▸ **What the task requires**:
Retype, word for word, every line of the records below starting at the one that contains "ended : (c : LinkConnection)" and ending at the one that contains "-- ===== src/Link/Messages.antt"; include both of those lines and nothing more.

##### Study material

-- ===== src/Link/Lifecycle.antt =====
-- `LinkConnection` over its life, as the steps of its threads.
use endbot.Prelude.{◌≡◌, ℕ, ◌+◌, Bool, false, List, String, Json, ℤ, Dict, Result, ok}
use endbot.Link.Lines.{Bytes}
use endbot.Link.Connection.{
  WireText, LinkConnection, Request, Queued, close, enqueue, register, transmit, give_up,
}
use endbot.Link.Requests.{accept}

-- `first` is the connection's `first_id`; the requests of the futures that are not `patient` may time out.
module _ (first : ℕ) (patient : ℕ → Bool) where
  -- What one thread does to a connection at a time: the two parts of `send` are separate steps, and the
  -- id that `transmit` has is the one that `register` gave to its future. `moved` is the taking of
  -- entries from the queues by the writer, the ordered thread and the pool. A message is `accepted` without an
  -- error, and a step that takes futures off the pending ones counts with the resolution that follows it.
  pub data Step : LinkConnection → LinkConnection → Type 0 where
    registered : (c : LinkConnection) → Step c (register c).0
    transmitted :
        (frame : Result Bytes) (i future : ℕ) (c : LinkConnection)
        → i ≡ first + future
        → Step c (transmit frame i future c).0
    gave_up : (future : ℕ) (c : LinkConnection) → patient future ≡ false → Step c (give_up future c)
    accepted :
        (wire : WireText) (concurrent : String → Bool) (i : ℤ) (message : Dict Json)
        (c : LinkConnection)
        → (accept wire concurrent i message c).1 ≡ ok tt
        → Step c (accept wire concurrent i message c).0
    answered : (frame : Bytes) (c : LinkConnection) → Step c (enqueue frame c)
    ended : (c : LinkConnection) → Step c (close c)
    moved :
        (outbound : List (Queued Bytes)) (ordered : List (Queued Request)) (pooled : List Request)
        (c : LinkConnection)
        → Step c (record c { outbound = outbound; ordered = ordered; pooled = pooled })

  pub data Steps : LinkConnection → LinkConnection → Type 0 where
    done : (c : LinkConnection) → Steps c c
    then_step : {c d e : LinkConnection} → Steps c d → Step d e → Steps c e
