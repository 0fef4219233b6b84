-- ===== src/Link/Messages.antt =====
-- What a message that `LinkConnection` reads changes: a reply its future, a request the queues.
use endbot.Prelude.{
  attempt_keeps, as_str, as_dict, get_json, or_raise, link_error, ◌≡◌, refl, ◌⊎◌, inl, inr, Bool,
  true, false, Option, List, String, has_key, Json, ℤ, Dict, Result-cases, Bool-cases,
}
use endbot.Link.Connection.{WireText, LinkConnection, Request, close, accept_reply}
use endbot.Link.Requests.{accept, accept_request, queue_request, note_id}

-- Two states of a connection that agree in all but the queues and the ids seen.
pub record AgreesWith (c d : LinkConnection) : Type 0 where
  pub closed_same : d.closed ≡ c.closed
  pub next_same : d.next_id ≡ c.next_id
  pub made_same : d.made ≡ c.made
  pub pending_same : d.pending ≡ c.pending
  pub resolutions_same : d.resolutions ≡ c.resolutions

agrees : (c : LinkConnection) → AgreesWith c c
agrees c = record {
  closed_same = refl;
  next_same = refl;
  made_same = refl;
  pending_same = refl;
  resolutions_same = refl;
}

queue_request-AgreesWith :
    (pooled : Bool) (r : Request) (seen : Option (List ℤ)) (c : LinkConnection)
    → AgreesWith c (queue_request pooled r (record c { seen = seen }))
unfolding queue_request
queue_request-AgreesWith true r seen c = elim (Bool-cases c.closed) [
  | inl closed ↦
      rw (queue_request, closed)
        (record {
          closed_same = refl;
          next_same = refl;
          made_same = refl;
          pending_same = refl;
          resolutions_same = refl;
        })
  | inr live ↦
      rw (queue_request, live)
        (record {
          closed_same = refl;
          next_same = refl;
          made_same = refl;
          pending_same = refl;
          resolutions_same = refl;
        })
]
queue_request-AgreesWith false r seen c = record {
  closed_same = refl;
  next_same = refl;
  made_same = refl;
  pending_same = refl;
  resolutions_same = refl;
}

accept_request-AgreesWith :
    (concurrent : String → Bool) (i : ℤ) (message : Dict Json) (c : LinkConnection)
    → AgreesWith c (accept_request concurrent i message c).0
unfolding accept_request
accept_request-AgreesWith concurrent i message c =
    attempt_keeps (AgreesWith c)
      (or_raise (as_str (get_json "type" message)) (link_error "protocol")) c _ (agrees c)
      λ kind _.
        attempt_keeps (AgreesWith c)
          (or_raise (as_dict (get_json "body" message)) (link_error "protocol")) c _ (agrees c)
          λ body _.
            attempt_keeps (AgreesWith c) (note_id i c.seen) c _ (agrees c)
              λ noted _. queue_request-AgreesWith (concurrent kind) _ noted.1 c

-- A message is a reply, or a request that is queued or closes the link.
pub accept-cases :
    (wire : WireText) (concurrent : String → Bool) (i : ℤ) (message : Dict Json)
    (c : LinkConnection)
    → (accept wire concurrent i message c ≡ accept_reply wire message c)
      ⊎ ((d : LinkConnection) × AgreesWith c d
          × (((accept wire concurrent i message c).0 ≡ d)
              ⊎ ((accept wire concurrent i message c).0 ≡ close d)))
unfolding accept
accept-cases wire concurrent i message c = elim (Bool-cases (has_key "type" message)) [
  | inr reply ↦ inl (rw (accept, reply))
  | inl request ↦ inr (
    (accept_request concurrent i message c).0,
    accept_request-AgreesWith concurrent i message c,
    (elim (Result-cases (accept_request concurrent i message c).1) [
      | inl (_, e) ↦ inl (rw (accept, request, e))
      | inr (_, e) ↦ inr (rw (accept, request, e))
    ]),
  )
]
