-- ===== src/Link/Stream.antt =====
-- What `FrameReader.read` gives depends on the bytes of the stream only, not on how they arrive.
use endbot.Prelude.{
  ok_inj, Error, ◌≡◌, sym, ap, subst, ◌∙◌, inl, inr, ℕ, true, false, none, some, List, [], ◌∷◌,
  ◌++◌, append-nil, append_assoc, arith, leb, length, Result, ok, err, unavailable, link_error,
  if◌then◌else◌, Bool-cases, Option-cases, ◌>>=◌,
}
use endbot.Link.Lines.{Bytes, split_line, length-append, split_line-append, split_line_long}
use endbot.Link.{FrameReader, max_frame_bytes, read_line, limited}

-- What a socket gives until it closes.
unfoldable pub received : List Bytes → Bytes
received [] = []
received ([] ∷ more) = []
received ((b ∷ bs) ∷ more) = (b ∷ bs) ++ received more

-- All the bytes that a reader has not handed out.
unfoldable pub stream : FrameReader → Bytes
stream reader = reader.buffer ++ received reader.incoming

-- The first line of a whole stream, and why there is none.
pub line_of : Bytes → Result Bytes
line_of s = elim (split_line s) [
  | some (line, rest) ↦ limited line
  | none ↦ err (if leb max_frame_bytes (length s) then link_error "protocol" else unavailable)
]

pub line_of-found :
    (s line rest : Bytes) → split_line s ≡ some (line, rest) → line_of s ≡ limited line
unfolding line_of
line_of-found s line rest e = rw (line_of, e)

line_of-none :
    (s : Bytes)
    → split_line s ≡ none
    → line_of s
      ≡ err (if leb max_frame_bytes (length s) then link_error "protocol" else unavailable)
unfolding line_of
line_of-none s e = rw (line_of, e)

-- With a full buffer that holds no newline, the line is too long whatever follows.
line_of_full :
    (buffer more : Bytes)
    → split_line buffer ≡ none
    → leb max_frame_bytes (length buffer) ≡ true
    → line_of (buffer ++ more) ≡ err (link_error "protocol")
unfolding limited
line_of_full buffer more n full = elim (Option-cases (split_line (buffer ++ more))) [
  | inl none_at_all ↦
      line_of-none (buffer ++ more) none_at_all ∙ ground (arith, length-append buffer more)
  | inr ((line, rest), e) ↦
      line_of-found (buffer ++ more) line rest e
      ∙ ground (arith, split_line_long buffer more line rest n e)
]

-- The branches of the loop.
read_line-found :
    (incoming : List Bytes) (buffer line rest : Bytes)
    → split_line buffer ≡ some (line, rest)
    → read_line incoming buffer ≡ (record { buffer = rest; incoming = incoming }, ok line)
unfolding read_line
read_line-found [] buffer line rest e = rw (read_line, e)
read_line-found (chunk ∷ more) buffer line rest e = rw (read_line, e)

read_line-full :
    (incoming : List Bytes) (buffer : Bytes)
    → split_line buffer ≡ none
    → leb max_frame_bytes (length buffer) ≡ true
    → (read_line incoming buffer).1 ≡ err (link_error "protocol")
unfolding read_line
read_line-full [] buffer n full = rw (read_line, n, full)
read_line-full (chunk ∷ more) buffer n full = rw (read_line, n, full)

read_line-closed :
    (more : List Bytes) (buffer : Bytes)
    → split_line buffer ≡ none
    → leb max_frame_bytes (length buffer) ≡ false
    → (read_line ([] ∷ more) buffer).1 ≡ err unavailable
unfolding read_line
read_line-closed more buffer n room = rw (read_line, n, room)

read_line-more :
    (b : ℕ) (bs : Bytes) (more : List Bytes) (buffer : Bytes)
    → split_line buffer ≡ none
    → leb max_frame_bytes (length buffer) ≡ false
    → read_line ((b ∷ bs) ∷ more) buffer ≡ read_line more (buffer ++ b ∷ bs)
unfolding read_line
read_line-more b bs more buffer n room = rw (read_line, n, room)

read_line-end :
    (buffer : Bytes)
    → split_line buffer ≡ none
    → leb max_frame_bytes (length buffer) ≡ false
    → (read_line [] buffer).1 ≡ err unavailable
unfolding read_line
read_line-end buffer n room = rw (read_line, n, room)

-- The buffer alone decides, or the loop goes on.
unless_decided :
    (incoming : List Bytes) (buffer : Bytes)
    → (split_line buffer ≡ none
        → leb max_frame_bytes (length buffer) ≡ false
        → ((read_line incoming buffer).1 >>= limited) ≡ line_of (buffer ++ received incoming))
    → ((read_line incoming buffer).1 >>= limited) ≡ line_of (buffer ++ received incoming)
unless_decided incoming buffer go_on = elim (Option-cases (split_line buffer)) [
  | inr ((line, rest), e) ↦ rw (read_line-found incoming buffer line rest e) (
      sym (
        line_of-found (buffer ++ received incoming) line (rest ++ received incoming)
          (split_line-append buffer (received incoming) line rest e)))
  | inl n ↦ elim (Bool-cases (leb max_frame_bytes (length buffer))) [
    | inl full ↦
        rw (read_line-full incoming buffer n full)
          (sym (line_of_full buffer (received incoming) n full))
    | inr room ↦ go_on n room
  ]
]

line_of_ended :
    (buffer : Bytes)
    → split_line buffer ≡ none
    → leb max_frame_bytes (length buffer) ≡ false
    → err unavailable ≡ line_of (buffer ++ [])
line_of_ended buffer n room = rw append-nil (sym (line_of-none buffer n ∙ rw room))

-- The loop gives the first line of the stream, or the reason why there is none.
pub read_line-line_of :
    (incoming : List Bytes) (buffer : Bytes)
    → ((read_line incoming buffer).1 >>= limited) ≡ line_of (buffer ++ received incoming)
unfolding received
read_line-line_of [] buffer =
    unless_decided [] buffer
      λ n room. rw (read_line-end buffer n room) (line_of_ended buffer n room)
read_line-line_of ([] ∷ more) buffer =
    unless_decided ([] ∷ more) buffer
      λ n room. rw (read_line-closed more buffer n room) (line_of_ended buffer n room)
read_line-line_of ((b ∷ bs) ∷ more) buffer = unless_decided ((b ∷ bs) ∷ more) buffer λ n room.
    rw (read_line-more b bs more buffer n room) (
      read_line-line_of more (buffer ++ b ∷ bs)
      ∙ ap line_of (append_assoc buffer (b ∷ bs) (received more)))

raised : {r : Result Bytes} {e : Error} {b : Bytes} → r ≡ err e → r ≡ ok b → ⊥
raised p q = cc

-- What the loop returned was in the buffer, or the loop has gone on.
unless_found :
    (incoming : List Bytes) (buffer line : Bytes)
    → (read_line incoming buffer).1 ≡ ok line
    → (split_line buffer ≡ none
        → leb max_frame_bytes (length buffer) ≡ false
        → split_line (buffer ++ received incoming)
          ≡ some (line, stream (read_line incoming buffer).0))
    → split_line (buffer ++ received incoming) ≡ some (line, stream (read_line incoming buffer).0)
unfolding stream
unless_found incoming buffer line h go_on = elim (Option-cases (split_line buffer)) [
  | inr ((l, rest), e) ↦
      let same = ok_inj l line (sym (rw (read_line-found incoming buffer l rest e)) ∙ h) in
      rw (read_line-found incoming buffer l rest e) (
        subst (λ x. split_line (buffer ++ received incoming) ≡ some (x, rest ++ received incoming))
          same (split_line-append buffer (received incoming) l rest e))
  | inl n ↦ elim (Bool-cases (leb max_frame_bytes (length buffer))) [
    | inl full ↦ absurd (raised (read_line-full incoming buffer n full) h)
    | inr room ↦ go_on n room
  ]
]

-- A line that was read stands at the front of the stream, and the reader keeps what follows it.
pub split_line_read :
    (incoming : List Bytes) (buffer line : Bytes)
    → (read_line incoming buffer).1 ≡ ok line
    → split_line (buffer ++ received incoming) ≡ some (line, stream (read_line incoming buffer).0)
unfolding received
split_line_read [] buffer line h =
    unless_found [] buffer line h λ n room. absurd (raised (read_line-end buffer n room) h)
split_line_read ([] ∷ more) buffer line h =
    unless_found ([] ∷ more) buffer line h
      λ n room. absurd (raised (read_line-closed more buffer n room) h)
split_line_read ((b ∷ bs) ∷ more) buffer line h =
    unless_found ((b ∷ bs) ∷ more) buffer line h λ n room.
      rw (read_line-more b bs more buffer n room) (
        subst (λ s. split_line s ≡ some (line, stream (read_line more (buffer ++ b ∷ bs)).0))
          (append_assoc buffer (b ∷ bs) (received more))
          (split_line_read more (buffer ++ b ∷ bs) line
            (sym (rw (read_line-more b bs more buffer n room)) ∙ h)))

##########

▸ **Task response**:
    ended : (c : LinkConnection) → Step c (close c)
    moved :
        (outbound : List (Queued Bytes)) (ordered : List (Queued Request)) (pooled : List Request)
        (c : LinkConnection)
        → Step c (record c { outbound = outbound; ordered = ordered; pooled = pooled })

  pub data Steps : LinkConnection → LinkConnection → Type 0 where
    done : (c : LinkConnection) → Steps c c
    then_step : {c d e : LinkConnection} → Steps c d → Step d e → Steps c e
repository 0fef4219233b6b84
-- ===== src/Link/Messages.antt =====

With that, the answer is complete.